Though the jury used the words “deadlock” and “deadlocked” in their notes, it is clear from the record that the words [444]*444were not meant to indicate a hopeless inability to continue with deliberations. To the contrary, each note asked for assistance and clearly represented a belief that with such assistance deliberations could continue. In each of the notes that used a form of the word “deadlock,” the jury modified the term with the word “currently,” indicating that there was an expectation or at least a possibility that deliberations could continue productively. The first note explicitly states that the jury felt they might be able to continue deliberating if their questions were answered. The second note is relevant to this analysis because the jury specifically asks for a blackboard to use during deliberations. The third note is less explicit, but it is reasonable to infer that the request to have an instruction read again indicated that it would be helpful in moving the deliberations forward.
In the circumstances of this case, the judge was warranted in concluding that the jury had not completed “due and thorough” deliberations when they sent the notes. Each note suggested that the process of deliberating was ongoing rather than over.

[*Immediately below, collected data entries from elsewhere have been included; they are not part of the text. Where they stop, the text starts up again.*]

-- ===== src/Redemption/Leases/Owner.antt =====
-- `commit` and `release`: compare-and-set transitions on the owner token, and the invariants that
-- every operation of the table keeps.
use nft_gate.Base.{
  ℕ, ◌+◌, ◌≤◌, ◌≡◌, refl, ◌⊎◌, inl, inr, ◌≢◌, true, false, not, ◌&&◌, Option, none, some, [], arith,
  ltb, if◌then◌else◌, length, max, Bool-cases,
}
use nft_gate.Base.Words.{after_secs}
use nft_gate.Text.{Text, text_eq, text_eq_iff, text_eq_refl}
use nft_gate.Assoc.{lookup, retain, IsMap}
use nft_gate.Assoc.Laws.{
  lookup-insert, lookup-remove, retain-IsMap, remove-IsMap, insert-IsMap, length-insert-le,
  length-retain-le,
}
use nft_gate.Redemption.Leases.{
  Commit, lost, Row, RedemptionTable, evict_lease, grant, lease_live, try_lease, commit, release,
}
use nft_gate.Redemption.Leases.Status.{
  Status, free, held, spent, status, length-evict_lease, evict_lease-IsMap,
}

-- The retained commit, or nothing if the retention is over at once.
abbrev pub kept : ℕ → ℕ → Status
kept now expiry = if ltb now expiry then spent expiry else free

module _ (k token : Text) (now : ℕ) where
  -- `commit` succeeds exactly on a digest that the token holds, and then spends it for the retention
  -- time; otherwise it is lost and changes nothing. No other digest changes.
  pub commit-status :
      (retention : ℕ) (t : RedemptionTable) (j : Text)
      → j ≢ k
      → let r = commit k token now retention t in
        (((e : ℕ) × (status now k t ≡ held token e)
            × (r.0 ≡ Commit.ok)
            × (status now k r.1 ≡ kept now (after_secs now retention)))
          ⊎ (((e : ℕ) → status now k t ≢ held token e) × (r ≡ (lost, t))))
        × (lookup j r.1 ≡ lookup j t)
  unfolding commit status
  commit-status retention t j other = (here (lookup k t) refl, there j other)
    where
      spent_row : Row
      spent_row = record { committed = true; expiry_ms = after_secs now retention; token = [] }

      there : (j : Text) → j ≢ k → lookup j (commit k token now retention t).1 ≡ lookup j t
      there j h = ground (arith, text_eq_iff k j, lookup-insert k j spent_row t)

      here :
          (o : Option Row)
          → lookup k t ≡ o
          → let r = commit k token now retention t in
            ((e : ℕ) × (status now k t ≡ held token e)
              × (r.0 ≡ Commit.ok)
              × (status now k r.1 ≡ kept now (after_secs now retention)))
            ⊎ (((e : ℕ) → status now k t ≢ held token e) × (r ≡ (lost, t)))
      here none x = inr (λ e y. ground arith, ground arith)
      here (some row) x =
          elim (Bool-cases
            (not row.committed && (text_eq row.token token && ltb now row.expiry_ms))) [
              | inl can ↦ inl (
                row.expiry_ms,
                ground (arith, text_eq_iff row.token token),
                ground arith,
                ground (arith, text_eq_refl k, lookup-insert k k spent_row t),
              )
              | inr cannot ↦ inr (
                λ e y. ground (arith, text_eq_iff row.token token, text_eq_refl token),
                ground arith,
              )
            ]

  -- `release` frees a digest that the token holds and does nothing else: a commit, another holder's
  -- lease and every other digest stay.
  release-status :
      (t : RedemptionTable) (j : Text)
      → j ≢ k
      → (((e : ℕ) × (status now k t ≡ held token e) × (status now k (release k token t) ≡ free))
          ⊎ (((e : ℕ) → status now k t ≢ held token e)
              × (status now k (release k token t) ≡ status now k t)))
        × (lookup j (release k token t) ≡ lookup j t)
  unfolding release status
  release-status t j other =
      (here (lookup k t) refl, ground (arith, text_eq_iff k j, lookup-remove k j t))
    where
      here :
          (o : Option Row)
          → lookup k t ≡ o
          → ((e : ℕ) × (status now k t ≡ held token e) × (status now k (release k token t) ≡ free))
            ⊎ (((e : ℕ) → status now k t ≢ held token e)
                × (status now k (release k token t) ≡ status now k t))
      here none x = inr (λ e y. ground arith, ground arith)
      here (some row) x =
          elim (Bool-cases
            (not row.committed && (text_eq row.token token && ltb now row.expiry_ms))) [
              | inl can ↦ inl (
                row.expiry_ms,
                ground (arith, text_eq_iff row.token token),
                ground (arith, text_eq_refl k, lookup-remove k k t),
              )
              | inr cannot ↦ inr (
                λ e y. ground (arith, text_eq_iff row.token token, text_eq_refl token),
                ground (arith, text_eq_refl k, lookup-remove k k t),
              )
            ]

pub try_lease-IsMap :
    (k : Text) (now ttl max_entries : ℕ) (token : Text) (t : RedemptionTable)
    → IsMap t
    → IsMap (try_lease k now ttl max_entries token t).1
unfolding try_lease lease_live grant
try_lease-IsMap k now ttl max_entries token t d =
    let live = λ (r : Row). ltb now r.expiry_ms in
    let rows = retain live t in
    ground (
      arith,
      retain-IsMap live t d,
      evict_lease-IsMap max_entries rows (retain-IsMap live t d),
      insert-IsMap k (record { committed = false; expiry_ms = after_secs now ttl; token = token })
          (evict_lease max_entries rows),
    )

pub commit-IsMap :
    (k token : Text) (now retention : ℕ) (t : RedemptionTable)
    → IsMap t
    → IsMap (commit k token now retention t).1
unfolding commit
commit-IsMap k token now retention t d = ground (
  arith,
  insert-IsMap k (record { committed = true; expiry_ms = after_secs now retention; token = [] }) t
      d,
)

pub release-IsMap : (k token : Text) (t : RedemptionTable) → IsMap t → IsMap (release k token t)
unfolding release
release-IsMap k token t d = ground (arith, remove-IsMap k t d)

-- After a `try_lease` on a table without double keys the table is within the max_entries, no longer than before, or one row longer than its
-- live rows were, each of which is a commit.
length-try_lease :
    (k : Text) (now ttl max_entries : ℕ) (token : Text) (t : RedemptionTable)
    → IsMap t
    → let rows = retain (λ r. ltb now r.expiry_ms) t in
      let after = (try_lease k now ttl max_entries token t).1 in
      (length after ≤ max max_entries 1)
      ⊎ (length after ≤ length t)
      ⊎ ((retain (λ r. not r.committed) rows ≡ []) × (length after ≤ length rows + 1))
unfolding try_lease lease_live grant
length-try_lease k now ttl max_entries token t d =
    let live = λ (r : Row). ltb now r.expiry_ms in
    let rows = retain live t in
    ground (
      arith,
      length-retain-le live t,
      length-evict_lease max_entries rows (retain-IsMap live t d),
      length-insert-le k
          (record { committed = false; expiry_ms = after_secs now ttl; token = token })
          (evict_lease max_entries rows),
    )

As she noted in her denial of the plaintiffs’ motion, the judge had not concluded that it was necessary to read the jury a Rodriquez instruction. See Commonwealth v. Jenkins, 34 Mass. App. Ct. at 141 (giving a Rodriquez charge an indication that judge had concluded jury’s deliberations were “due and thorough”). Given the content of the notes, the continuing deliberations, and the amount of time the jury had deliberated,10 the judge’s conclusion was well within her discretion.